• DATA SHOWN:
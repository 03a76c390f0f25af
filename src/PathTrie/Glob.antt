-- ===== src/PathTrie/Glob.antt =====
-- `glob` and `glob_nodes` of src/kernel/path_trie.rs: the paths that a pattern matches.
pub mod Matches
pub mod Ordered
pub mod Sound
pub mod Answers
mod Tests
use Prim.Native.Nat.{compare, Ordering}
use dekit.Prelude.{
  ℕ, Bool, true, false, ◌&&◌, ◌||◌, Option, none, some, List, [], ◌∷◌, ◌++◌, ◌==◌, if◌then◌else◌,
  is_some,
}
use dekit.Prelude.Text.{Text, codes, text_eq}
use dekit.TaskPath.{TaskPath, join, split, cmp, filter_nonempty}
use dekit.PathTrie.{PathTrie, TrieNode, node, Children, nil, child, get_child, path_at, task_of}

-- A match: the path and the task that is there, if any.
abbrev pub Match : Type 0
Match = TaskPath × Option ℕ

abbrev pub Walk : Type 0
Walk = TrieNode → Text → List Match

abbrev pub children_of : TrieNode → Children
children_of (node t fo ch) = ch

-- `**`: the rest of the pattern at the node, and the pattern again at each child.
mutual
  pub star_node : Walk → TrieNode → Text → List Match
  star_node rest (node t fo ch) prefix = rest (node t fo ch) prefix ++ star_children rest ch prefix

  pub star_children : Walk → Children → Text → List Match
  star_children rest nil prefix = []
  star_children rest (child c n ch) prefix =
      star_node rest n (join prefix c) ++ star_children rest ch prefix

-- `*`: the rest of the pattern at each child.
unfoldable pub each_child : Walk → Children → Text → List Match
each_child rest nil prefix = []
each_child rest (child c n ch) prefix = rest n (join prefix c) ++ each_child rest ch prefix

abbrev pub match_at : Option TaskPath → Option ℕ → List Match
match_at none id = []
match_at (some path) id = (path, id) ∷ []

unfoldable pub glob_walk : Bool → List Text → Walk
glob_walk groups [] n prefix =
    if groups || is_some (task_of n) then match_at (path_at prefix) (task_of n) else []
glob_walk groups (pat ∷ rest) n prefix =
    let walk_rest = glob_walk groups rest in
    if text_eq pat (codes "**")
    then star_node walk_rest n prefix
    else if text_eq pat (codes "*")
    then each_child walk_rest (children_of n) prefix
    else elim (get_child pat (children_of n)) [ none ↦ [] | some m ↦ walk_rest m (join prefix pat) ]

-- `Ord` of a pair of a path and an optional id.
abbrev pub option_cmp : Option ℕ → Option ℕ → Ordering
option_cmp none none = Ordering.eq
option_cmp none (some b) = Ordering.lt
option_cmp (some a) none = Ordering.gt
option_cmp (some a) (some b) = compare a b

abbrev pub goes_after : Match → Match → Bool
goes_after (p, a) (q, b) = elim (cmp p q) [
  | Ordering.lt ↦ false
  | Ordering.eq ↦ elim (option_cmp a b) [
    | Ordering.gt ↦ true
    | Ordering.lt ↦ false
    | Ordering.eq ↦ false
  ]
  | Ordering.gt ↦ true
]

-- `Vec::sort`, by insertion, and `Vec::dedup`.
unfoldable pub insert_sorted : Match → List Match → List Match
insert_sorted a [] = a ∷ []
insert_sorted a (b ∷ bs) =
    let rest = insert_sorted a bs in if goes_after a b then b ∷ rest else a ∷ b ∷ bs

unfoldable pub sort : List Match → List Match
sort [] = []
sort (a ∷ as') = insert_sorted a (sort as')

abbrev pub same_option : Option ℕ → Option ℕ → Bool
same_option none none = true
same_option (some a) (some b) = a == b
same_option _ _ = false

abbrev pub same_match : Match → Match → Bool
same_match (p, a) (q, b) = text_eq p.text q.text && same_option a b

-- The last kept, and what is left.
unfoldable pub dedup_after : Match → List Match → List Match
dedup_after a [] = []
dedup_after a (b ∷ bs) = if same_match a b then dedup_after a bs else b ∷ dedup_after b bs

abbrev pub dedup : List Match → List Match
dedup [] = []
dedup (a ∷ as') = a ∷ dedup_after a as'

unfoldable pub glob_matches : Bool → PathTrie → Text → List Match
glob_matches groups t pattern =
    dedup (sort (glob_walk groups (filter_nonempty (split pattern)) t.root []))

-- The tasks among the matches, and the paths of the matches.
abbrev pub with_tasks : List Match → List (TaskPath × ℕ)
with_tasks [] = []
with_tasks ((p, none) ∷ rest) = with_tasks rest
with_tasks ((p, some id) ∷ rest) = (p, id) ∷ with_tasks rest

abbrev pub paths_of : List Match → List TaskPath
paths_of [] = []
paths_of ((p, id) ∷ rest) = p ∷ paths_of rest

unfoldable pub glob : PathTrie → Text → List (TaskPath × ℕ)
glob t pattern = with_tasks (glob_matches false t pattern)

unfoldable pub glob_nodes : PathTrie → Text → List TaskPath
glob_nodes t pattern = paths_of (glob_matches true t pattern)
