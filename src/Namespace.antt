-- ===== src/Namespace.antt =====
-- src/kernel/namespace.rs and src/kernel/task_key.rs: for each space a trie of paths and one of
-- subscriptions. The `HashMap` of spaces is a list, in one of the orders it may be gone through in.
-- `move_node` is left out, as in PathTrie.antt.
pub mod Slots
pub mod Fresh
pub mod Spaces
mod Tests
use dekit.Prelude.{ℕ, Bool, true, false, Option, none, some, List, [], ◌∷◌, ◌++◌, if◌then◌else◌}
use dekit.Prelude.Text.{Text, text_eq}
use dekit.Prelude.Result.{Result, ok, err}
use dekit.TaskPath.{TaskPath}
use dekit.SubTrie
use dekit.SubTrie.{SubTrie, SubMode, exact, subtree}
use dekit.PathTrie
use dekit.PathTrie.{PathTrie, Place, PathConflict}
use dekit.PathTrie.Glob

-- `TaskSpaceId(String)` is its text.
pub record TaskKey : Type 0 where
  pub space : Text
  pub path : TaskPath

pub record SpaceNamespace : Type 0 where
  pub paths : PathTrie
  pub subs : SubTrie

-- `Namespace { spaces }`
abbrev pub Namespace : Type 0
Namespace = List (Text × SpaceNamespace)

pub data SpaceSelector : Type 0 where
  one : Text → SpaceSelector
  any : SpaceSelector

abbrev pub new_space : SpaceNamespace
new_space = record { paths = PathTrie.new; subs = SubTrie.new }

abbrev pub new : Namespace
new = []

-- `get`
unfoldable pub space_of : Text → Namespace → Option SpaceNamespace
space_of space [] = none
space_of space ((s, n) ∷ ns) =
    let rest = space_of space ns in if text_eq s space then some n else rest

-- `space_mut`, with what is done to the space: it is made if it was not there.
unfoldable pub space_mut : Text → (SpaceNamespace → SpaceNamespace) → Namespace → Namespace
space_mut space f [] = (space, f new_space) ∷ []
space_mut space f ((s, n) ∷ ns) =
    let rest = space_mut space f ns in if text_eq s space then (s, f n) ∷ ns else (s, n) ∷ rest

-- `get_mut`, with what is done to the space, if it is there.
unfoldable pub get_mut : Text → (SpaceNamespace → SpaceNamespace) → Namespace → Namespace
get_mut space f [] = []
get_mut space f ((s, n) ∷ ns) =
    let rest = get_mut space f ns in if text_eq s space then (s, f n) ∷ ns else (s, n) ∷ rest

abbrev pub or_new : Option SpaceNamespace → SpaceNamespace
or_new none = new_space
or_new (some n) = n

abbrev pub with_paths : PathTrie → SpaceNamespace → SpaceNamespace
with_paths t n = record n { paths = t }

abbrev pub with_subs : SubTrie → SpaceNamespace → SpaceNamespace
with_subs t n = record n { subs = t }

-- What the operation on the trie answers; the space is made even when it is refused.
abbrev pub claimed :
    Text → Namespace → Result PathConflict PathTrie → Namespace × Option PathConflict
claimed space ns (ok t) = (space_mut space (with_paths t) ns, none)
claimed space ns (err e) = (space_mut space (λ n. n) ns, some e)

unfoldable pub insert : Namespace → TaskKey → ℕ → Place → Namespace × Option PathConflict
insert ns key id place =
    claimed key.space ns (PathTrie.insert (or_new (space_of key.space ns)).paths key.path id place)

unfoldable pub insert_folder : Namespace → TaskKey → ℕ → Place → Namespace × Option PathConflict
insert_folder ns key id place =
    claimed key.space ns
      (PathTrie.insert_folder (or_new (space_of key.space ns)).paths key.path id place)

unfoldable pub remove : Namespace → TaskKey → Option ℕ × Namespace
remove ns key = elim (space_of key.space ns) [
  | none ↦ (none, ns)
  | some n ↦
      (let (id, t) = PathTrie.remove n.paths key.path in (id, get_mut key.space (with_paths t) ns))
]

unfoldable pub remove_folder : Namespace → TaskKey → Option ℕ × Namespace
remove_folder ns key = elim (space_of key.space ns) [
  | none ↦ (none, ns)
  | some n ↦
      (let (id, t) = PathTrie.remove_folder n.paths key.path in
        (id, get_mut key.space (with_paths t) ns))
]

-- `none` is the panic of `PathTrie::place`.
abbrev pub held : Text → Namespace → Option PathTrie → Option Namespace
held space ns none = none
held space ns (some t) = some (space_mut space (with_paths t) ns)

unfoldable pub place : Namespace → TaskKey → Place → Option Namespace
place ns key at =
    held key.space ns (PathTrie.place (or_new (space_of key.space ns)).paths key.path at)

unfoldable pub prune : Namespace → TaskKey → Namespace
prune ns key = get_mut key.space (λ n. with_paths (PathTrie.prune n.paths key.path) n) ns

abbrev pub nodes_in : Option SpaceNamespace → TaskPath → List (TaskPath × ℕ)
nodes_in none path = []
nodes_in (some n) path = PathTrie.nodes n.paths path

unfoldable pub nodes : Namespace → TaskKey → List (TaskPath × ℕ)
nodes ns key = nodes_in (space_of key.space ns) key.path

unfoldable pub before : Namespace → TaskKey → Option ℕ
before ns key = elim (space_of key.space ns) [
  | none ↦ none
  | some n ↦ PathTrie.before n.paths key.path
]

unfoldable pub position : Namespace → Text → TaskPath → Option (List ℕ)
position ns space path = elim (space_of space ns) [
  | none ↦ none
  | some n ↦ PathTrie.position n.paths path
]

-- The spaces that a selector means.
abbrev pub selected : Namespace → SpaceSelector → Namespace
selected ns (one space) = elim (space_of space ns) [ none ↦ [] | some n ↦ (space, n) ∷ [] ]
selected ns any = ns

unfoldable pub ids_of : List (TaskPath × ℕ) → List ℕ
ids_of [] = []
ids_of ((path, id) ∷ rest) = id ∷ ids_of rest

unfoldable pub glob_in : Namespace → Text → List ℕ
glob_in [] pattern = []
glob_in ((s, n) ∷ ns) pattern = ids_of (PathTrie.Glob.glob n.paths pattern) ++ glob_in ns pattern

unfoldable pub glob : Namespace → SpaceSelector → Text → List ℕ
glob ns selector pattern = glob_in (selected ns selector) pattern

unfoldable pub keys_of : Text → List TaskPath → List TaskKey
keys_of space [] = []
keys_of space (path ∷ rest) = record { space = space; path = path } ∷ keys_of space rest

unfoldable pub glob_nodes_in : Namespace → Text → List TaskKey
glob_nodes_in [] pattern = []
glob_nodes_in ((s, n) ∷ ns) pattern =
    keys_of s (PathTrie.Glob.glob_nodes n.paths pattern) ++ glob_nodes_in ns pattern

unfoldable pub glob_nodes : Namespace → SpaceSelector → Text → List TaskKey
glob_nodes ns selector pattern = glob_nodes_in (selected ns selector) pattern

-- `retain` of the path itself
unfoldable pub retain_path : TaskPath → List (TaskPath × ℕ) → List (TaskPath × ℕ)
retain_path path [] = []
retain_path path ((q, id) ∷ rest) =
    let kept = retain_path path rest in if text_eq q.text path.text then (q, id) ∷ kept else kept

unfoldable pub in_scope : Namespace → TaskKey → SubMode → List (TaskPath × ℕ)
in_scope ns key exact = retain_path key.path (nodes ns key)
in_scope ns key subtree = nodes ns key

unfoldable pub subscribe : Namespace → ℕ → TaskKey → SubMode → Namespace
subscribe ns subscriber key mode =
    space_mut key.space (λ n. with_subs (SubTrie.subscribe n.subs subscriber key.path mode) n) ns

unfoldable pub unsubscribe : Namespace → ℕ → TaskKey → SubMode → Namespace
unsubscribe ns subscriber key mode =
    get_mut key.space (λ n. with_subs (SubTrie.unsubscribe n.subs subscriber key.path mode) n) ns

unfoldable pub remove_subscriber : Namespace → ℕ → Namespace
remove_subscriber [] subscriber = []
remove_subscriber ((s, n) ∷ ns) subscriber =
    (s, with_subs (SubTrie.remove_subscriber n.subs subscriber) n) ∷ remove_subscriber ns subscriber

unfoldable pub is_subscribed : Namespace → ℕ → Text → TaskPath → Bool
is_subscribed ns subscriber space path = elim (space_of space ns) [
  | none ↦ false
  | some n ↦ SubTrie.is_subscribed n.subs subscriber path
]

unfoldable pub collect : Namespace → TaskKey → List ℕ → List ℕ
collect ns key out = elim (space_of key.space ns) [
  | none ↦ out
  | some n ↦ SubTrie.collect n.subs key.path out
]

• EXERCISE: Retype, exactly and in full, the lines above from the one containing "Match = TaskPath × Option ℕ" through the one containing "pub star_node : Walk".

• REPLY:
Match = TaskPath × Option ℕ

abbrev pub Walk : Type 0
Walk = TrieNode → Text → List Match

abbrev pub children_of : TrieNode → Children
children_of (node t fo ch) = ch

-- `**`: the rest of the pattern at the node, and the pattern again at each child.
mutual
  pub star_node : Walk → TrieNode → Text → List Match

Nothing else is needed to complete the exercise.